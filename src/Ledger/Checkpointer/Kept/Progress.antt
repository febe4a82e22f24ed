-- ===== src/Ledger/Checkpointer/Kept/Progress.antt =====
-- What a run of the checkpointer does to a ledger that it keeps (merkle_checkpoint.go).
use mathlib.Core.Path.{subst}
use vigia.Prelude.{
  ℕ, suc, ◌+◌, ◌≤◌, ◌≡◌, refl, sym, ap, ◌∙◌, Bool, true, List, [], ◌∷◌, ◌++◌, Option, none, some,
  All, arith, length, length-append, filter-append, append_nil, append_assoc, All-map,
}
use vigia.Ledger.Encoding.{Text}
use vigia.Ledger.Digest.{Bytes, Sha256}
use vigia.Ledger.Record.{EvidenceRecord, is_valid_prev_hash}
use vigia.Ledger.Chain.{Text_comparable}
use vigia.Ledger.Checkpointer.{
  CheckpointRow, LedgerTables, MerkleCheckpointer, Outcome, after_seq, latest, last_seq_of,
  head_hash_of, ◌>>◌, not_empty, verify_checkpoint_range, load_checkpoint_records,
}
use vigia.Ledger.Checkpointer.Ranges.{
  Counts, Counts-append, LinkedFrom, LinkedFrom-append, end_hash, end_hash-valid, after_seq_all,
  after_seq_none, verify_checkpoint_range-done,
}
use vigia.Ledger.Checkpointer.Kept.{IsRowOf, Covers, LiesAt, row-LiesAt, require_holds}

module _ (sha : Sha256) (verify : Bytes → Bytes → Bool) where
  -- The records that the rows cover and those that are fresh, and that the last row ends between them.
  pub record Reaches (k : ℕ) (p : Text) (rs : List EvidenceRecord) (rows : List CheckpointRow)
      (last : Option CheckpointRow) : Type 0 where
    pub covered : List EvidenceRecord
    pub fresh : List EvidenceRecord
    pub parts : rs ≡ covered ++ fresh
    pub ends : suc (last_seq_of last) ≡ length covered + k
    pub head : head_hash_of last ≡ end_hash sha p covered
    pub below : All (λ (c : CheckpointRow). suc c.last_seq ≤ length covered + k) rows
    pub extends :
        (first : EvidenceRecord) (rest : List EvidenceRecord) (row : CheckpointRow)
        → fresh ≡ first ∷ rest
        → IsRowOf sha verify (first ∷ rest) row
        → Covers sha verify rs (rows ++ row ∷ [])

  end_hash-append :
      (p : Text) (xs ys : List EvidenceRecord)
      → end_hash sha p (xs ++ ys) ≡ end_hash sha (end_hash sha p xs) ys
  end_hash-append p [] ys = refl
  end_hash-append p (x ∷ xs) ys = end_hash-append x.hash xs ys

  -- One row in front of rows that reach on.
  step-Reaches :
      (k : ℕ) (p : Text) (rs : List EvidenceRecord) (first : EvidenceRecord)
      (rest later : List EvidenceRecord) (row : CheckpointRow) (rows : List CheckpointRow)
      (last : Option CheckpointRow)
      → rs ≡ (first ∷ rest) ++ later
      → IsRowOf sha verify (first ∷ rest) row
      → LiesAt sha verify k p (first ∷ rest) row
      → Reaches (length (first ∷ rest) + k) (end_hash sha p (first ∷ rest)) later rows last
      → Reaches k p rs (row ∷ rows) last
  step-Reaches k p rs first rest later row rows last split r lies more =
      let size = length-append (first ∷ rest) more.covered in
      record {
        covered = (first ∷ rest) ++ more.covered;
        fresh = more.fresh;
        parts =
            split
            ∙ ap (λ xs. (first ∷ rest) ++ xs) more.parts
            ∙ sym (append_assoc (first ∷ rest) more.covered more.fresh);
        ends = omega (arith, more.ends, size);
        head = more.head ∙ sym (end_hash-append p (first ∷ rest) more.covered);
        below = (
          omega (arith, lies.ends, size),
          All-map (λ c h. omega (arith, h, size)) rows more.below,
        );
        extends = λ f g new e n. (first, rest, later, split, r, more.extends f g new e n);
      }

  -- Before the first row everything is fresh.
  start-Reaches :
      (k : ℕ) (p : Text) (rs : List EvidenceRecord) (last : Option CheckpointRow)
      → suc (last_seq_of last) ≡ k
      → head_hash_of last ≡ p
      → Reaches k p rs [] last
  start-Reaches k p rs last ends head = record {
    covered = [];
    fresh = rs;
    parts = refl;
    ends = omega (arith, ends);
    head = head;
    below = tt;
    extends = λ f g new e n. (f, g, [], e ∙ sym (append_nil (f ∷ g)), n, tt);
  }

  rows-Reaches :
      (k : ℕ) (p : Text) (rs : List EvidenceRecord) (row : CheckpointRow)
      (rows : List CheckpointRow)
      → Counts k rs
      → LinkedFrom sha p rs
      → Covers sha verify rs (row ∷ rows)
      → Reaches k p rs (row ∷ rows) (latest (row ∷ rows))
  rows-Reaches k p rs row [] c l (first, rest, later, split, r, v) =
      let counts = Counts-append k (first ∷ rest) later (subst (Counts k) split c) in
      let links = LinkedFrom-append sha p (first ∷ rest) later (subst (LinkedFrom sha p) split l) in
      let lies = row-LiesAt sha verify k p first rest row counts.0 links.0 r in
      step-Reaches k p rs first rest later row [] (some row) split r lies
        (start-Reaches _ _ later (some row) lies.ends lies.head)
  rows-Reaches k p rs row (next ∷ rows) c l (first, rest, later, split, r, v) =
      let counts = Counts-append k (first ∷ rest) later (subst (Counts k) split c) in
      let links = LinkedFrom-append sha p (first ∷ rest) later (subst (LinkedFrom sha p) split l) in
      let lies = row-LiesAt sha verify k p first rest row counts.0 links.0 r in
      step-Reaches k p rs first rest later row (next ∷ rows) _ split r lies (
        rows-Reaches (length (first ∷ rest) + k) (end_hash sha p (first ∷ rest)) later next rows
          counts.1 links.1 v)

  -- From an intact chain's start
  pub Covers-Reaches :
      (rs : List EvidenceRecord) (rows : List CheckpointRow)
      → Counts 1 rs
      → LinkedFrom sha [] rs
      → Covers sha verify rs rows
      → Reaches 1 [] rs rows (latest rows)
  Covers-Reaches rs [] c l v = start-Reaches 1 [] rs none refl refl
  Covers-Reaches rs (row ∷ rows) c l v = rows-Reaches 1 [] rs row rows c l v

  module _ (m : MerkleCheckpointer) (t : LedgerTables) (known : m.tenant ≡ true)
      (counts : Counts 1 t.records) (linked : LinkedFrom sha [] t.records)
      (reach : Reaches 1 [] t.records t.checkpoints (latest t.checkpoints)) where
    pub fresh-Counts : Counts (length reach.covered + 1) reach.fresh
    fresh-Counts =
        (Counts-append 1 reach.covered reach.fresh (subst (Counts 1) reach.parts counts)).1

    pub fresh-LinkedFrom : LinkedFrom sha (end_hash sha [] reach.covered) reach.fresh
    fresh-LinkedFrom =
        (LinkedFrom-append sha [] reach.covered reach.fresh
          (subst (LinkedFrom sha []) reach.parts linked)).1

    selected-fresh : after_seq (last_seq_of (latest t.checkpoints)) t.records ≡ reach.fresh
    selected-fresh =
        let last = last_seq_of (latest t.checkpoints) in
        let front =
          (Counts-append 1 reach.covered reach.fresh (subst (Counts 1) reach.parts counts)).0 in
        ap (after_seq last) reach.parts
        ∙ filter-append _ reach.covered reach.fresh
        ∙ rw (
          after_seq_none 1 last reach.covered front (omega (arith, reach.ends)),
          after_seq_all _ last reach.fresh fresh-Counts (omega (arith, reach.ends)),
        )

    fresh-verified :
        verify_checkpoint_range sha reach.fresh (head_hash_of (latest t.checkpoints))
        ≡ Outcome.done tt
    fresh-verified =
        let front =
          (LinkedFrom-append sha [] reach.covered reach.fresh
            (subst (LinkedFrom sha []) reach.parts linked)).0 in
        let valid = end_hash-valid sha [] reach.covered (unfold is_valid_prev_hash in refl) front in
        ap (verify_checkpoint_range sha reach.fresh) reach.head
        ∙ verify_checkpoint_range-done sha _ reach.fresh valid fresh-LinkedFrom

    pub load-fresh :
        load_checkpoint_records sha m t ≡ (not_empty reach.fresh >> Outcome.done reach.fresh)
    unfolding load_checkpoint_records
    load-fresh = require_holds m.tenant _ _ known ∙ rw (selected-fresh, fresh-verified)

______

Aim of the task:
Which lines of the entries above contain the word "MerkleCheckpointer"? Copy each of them.

Task result:
  CheckpointRow, LedgerTables, MerkleCheckpointer, Outcome, after_seq, latest, last_seq_of,
  module _ (m : MerkleCheckpointer) (t : LedgerTables) (known : m.tenant ≡ true)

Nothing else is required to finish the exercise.